30 years ago, ‘PCU’ showed the timelessness of anti-woke sentiment
The 1994 comedy demonstrates that every op-ed about college kids going way, way too far, is based on very old ideas.
Have you heard that college kids today are just the worst and have gone way too far with their leftist politics and their tendency to always be offended?
You’ll likely hear that every single day on Fox News and throughout most of the rest of the conservative media, whether it’s centrism-coded places like Bari Weiss’ website or the further-right fever swamps of Breitbart and the Daily Wire.

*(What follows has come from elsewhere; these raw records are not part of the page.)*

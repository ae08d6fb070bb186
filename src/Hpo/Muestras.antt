-- ===== src/Hpo/Muestras.antt =====
-- espacio.py: the configurations that are sampled are legitimate.
use mathlib.Core.List.{Memᴰ}
use native.Mathlib.Nat.{le-div_iff_mul-le}
use pred_engine.Prelude.{
  ℕ, zero, suc, ◌+◌, ◌*◌, ◌/◌, ◌≤◌, ◌<◌, String, ◌≡◌, refl, sym, ap, subst, ◌∙◌, Bool, true, false,
  Option, none, some, inl, inr, List, [], ◌∷◌, Bool-cases, length, get_elem?, arith,
}
use pred_engine.Prelude.Int.{diferencia}
use pred_engine.Prelude.Result.{Result, ok, >>=-eq-ok, ok_injective}
use pred_engine.Hpo.Espacio.{
  Plataforma, EspacioError, Parametro, entero, flotante, categorico, ordinal, Configuracion,
  EspacioBusqueda, elemento, muestrear_flotante, muestrear_parametro, espacio_busqueda, recorrer,
  restriccion_violada, es_valida, intentar, muestrear,
}
use pred_engine.Hpo.Configuraciones.{Entre, EnDominio, EsLegitima, recorrer-EsLegitima}

module _ (x : Plataforma) where
  -- What NumPy documents of `integers` and `uniform`.
  pub record LeyesRng : Type 0 where
    pub integers : (n : ℕ) (g : x.Rng) (r : ℕ × x.Rng) → x.integers n g ≡ ok r → r.0 < n
    pub uniform :
        (b a : x.F) (g : x.Rng) (r : x.F × x.Rng) → x.uniform b a g ≡ ok r → Entre x b a r.0

  -- On the scale of the logarithm the bounds hold of the logarithm that was drawn.
  abbrev pub RangoMuestra : x.F → x.F → Bool → x.F → Type 0
  RangoMuestra b a true f = (u : x.F) × (f ≡ x.exp u) × Entre x (x.log b) (x.log a) u
  RangoMuestra b a false f = Entre x b a f

  get_elem?-Mem : {A : Type 0} (xs : List A) (i : ℕ) {v : A} → get_elem? xs i ≡ some v → Memᴰ v xs
  get_elem?-Mem [] i e = cc
  get_elem?-Mem (a ∷ xs) zero e = Memᴰ.head (cc e)
  get_elem?-Mem (a ∷ xs) (suc i) e = Memᴰ.tail (get_elem?-Mem xs i e)

  elemento-ok : (o : Option x.V) {v : x.V} → elemento x o ≡ ok v → o ≡ some v
  elemento-ok none e = cc
  elemento-ok (some w) e = cc

  paso_dentro : (d p k : ℕ) → k < d / p + 1 → k * p ≤ d
  paso_dentro d zero k h = omega arith
  paso_dentro d (suc p) k h =
      (le-div_iff_mul-le {k = suc p} {x = k} {y = d} (omega arith)).0 (omega arith)

  muestrear_flotante-RangoMuestra :
      (leyes : LeyesRng) (b a : x.F) (l : Bool) (g : x.Rng) (v : x.V × x.Rng)
      → muestrear_flotante x b a l g ≡ ok v
      → (f : x.F) × (v.0 ≡ x.de_float f) × RangoMuestra b a l f
  unfolding muestrear_flotante
  muestrear_flotante-RangoMuestra leyes b a true g v e =
      let (r, er, e') = >>=-eq-ok (x.uniform (x.log b) (x.log a) g) _ e in
      (
        x.exp r.0,
        sym (ap (λ u. u.0) (ok_injective e')),
        (r.0, refl, leyes.uniform (x.log b) (x.log a) g r er),
      )
  muestrear_flotante-RangoMuestra leyes b a false g v e =
      let (r, er, e') = >>=-eq-ok (x.uniform b a g) _ e in
      (r.0, sym (ap (λ u. u.0) (ok_injective e')), leyes.uniform b a g r er)

  muestrear_parametro-EnDominio :
      (leyes : LeyesRng) (p : Parametro x) (g : x.Rng) (v : x.V × x.Rng)
      → muestrear_parametro x p g ≡ ok v
      → EnDominio x RangoMuestra p v.0
  unfolding muestrear_parametro
  muestrear_parametro-EnDominio leyes (entero n b a p) g v e =
      let (r, er, e') = >>=-eq-ok (x.integers (diferencia a b / p + 1) g) _ e in
      (
        r.0,
        sym (ap (λ u. u.0) (ok_injective e')),
        paso_dentro (diferencia a b) p r.0 (leyes.integers _ g r er),
      )
  muestrear_parametro-EnDominio leyes (flotante n b a l) g v e =
      muestrear_flotante-RangoMuestra leyes b a l g v e
  muestrear_parametro-EnDominio leyes (categorico n os) g v e =
      let (r, er, e') = >>=-eq-ok (x.integers (length os) g) _ e in
      let (w, ew, e'') = >>=-eq-ok (elemento x (get_elem? os r.0)) _ e' in
      subst (λ u. Memᴰ u os) (ap (λ u. u.0) (ok_injective e''))
        (get_elem?-Mem os r.0 (elemento-ok (get_elem? os r.0) ew))
  muestrear_parametro-EnDominio leyes (ordinal n ns) g v e =
      let (r, er, e') = >>=-eq-ok (x.integers (length ns) g) _ e in
      let cota = leyes.integers (length ns) g r er in
      (r.0, sym (ap (λ u. u.0) (ok_injective e')), omega arith)

  es_valida-ninguna :
      (e : EspacioBusqueda x) (cfg : Configuracion x) {b : Bool}
      → es_valida x e cfg ≡ ok b
      → b ≡ true
      → restriccion_violada x e cfg ≡ ok none
  unfolding es_valida
  es_valida-ninguna e cfg {b} h t =
      let (o, eo, h') = >>=-eq-ok (restriccion_violada x e cfg) _ h in segun o eo (h' ∙ rw t refl)
    where
      segun :
          (o : Option String)
          → restriccion_violada x e cfg ≡ ok o
          → ◌≡◌ {A = Result EspacioError Bool}
              (ok (elim o [ none ↦ true | some m ↦ false ]))
              (ok true)
          → restriccion_violada x e cfg ≡ ok none
      segun none eo d = eo
      segun (some m) eo d = cc d

  intentar-EsLegitima :
      (leyes : LeyesRng) (e : EspacioBusqueda x) (intentos n : ℕ) (g : x.Rng)
      (r : Configuracion x × x.Rng)
      → espacio_busqueda x e ≡ ok e
      → intentar x e intentos n g ≡ ok r
      → EsLegitima x RangoMuestra e r.0
  intentar-EsLegitima leyes e intentos zero g r valido h = cc h
  intentar-EsLegitima leyes e intentos (suc n) g r valido h =
      let (c, ec, h') =
        >>=-eq-ok (recorrer x (muestrear_parametro x) e.condiciones e.parametros [] g) _ h in
      let (b, eb, h'') = >>=-eq-ok (es_valida x e c.0) _ h' in
      let sigue : (elim b [ true ↦ ok c | false ↦ intentar x e intentos n c.1 ]) ≡ ok r = h'' in
      elim (Bool-cases b) [
        | inl t ↦
            let igual : c ≡ r = ok_injective (sym (rw t refl) ∙ sigue) in
            subst (λ u. EsLegitima x RangoMuestra e u.0) igual
              (recorrer-EsLegitima x RangoMuestra (muestrear_parametro x)
                (muestrear_parametro-EnDominio leyes) e g valido ec (es_valida-ninguna e c.0 eb t))
        | inr t ↦ intentar-EsLegitima leyes e intentos n c.1 r valido (sym (rw t refl) ∙ sigue)
      ]

  -- For an accepted space and a generator that keeps to what it documents: a sampled configuration
  -- has exactly its active parameters, in order, each with a value of its domain, and violates no
  -- restriction.
  pub muestrear-EsLegitima :
      (leyes : LeyesRng) (e : EspacioBusqueda x) (intentos_max : ℕ) (g : x.Rng)
      (r : Configuracion x × x.Rng)
      → espacio_busqueda x e ≡ ok e
      → muestrear x e intentos_max g ≡ ok r
      → EsLegitima x RangoMuestra e r.0
  unfolding muestrear
  muestrear-EsLegitima leyes e n g r valido h = intentar-EsLegitima leyes e n n g r valido h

But you’ll hear something similar from plenty of places in the liberal media too; few topics are dealt with more frequently on the New York Times op-ed page or in The Atlantic as the scourge of out-of-control college kids. You’ve likely also heard about this pressing problem from every last touring comedian who’s ever bombed at a college gig.
That’s the prevailing attitude now. But it was also the attitude ten years ago, 20 years ago, 25 years ago (when I was in college)… and 30 years ago, when a Hollywood movie called PCU was produced, that made all the same arguments that should sound very familiar today. Hell, older people in the 1960s probably felt much the same way about the original hippies, many of whom are now pushing 80.
You could say PCU was ahead of its time- or that that time never went away at all.
PCU hit theaters in April of 1994, although it took some time to find its audience on cable and eventually DVD. The film was directed by Hart Bochner, best known as an actor in a long list of movies between the 1980s and 2000s, most notably his part as Ellis, the doomed Donald Trump, Jr.-lookalike cokehead in Die Hard.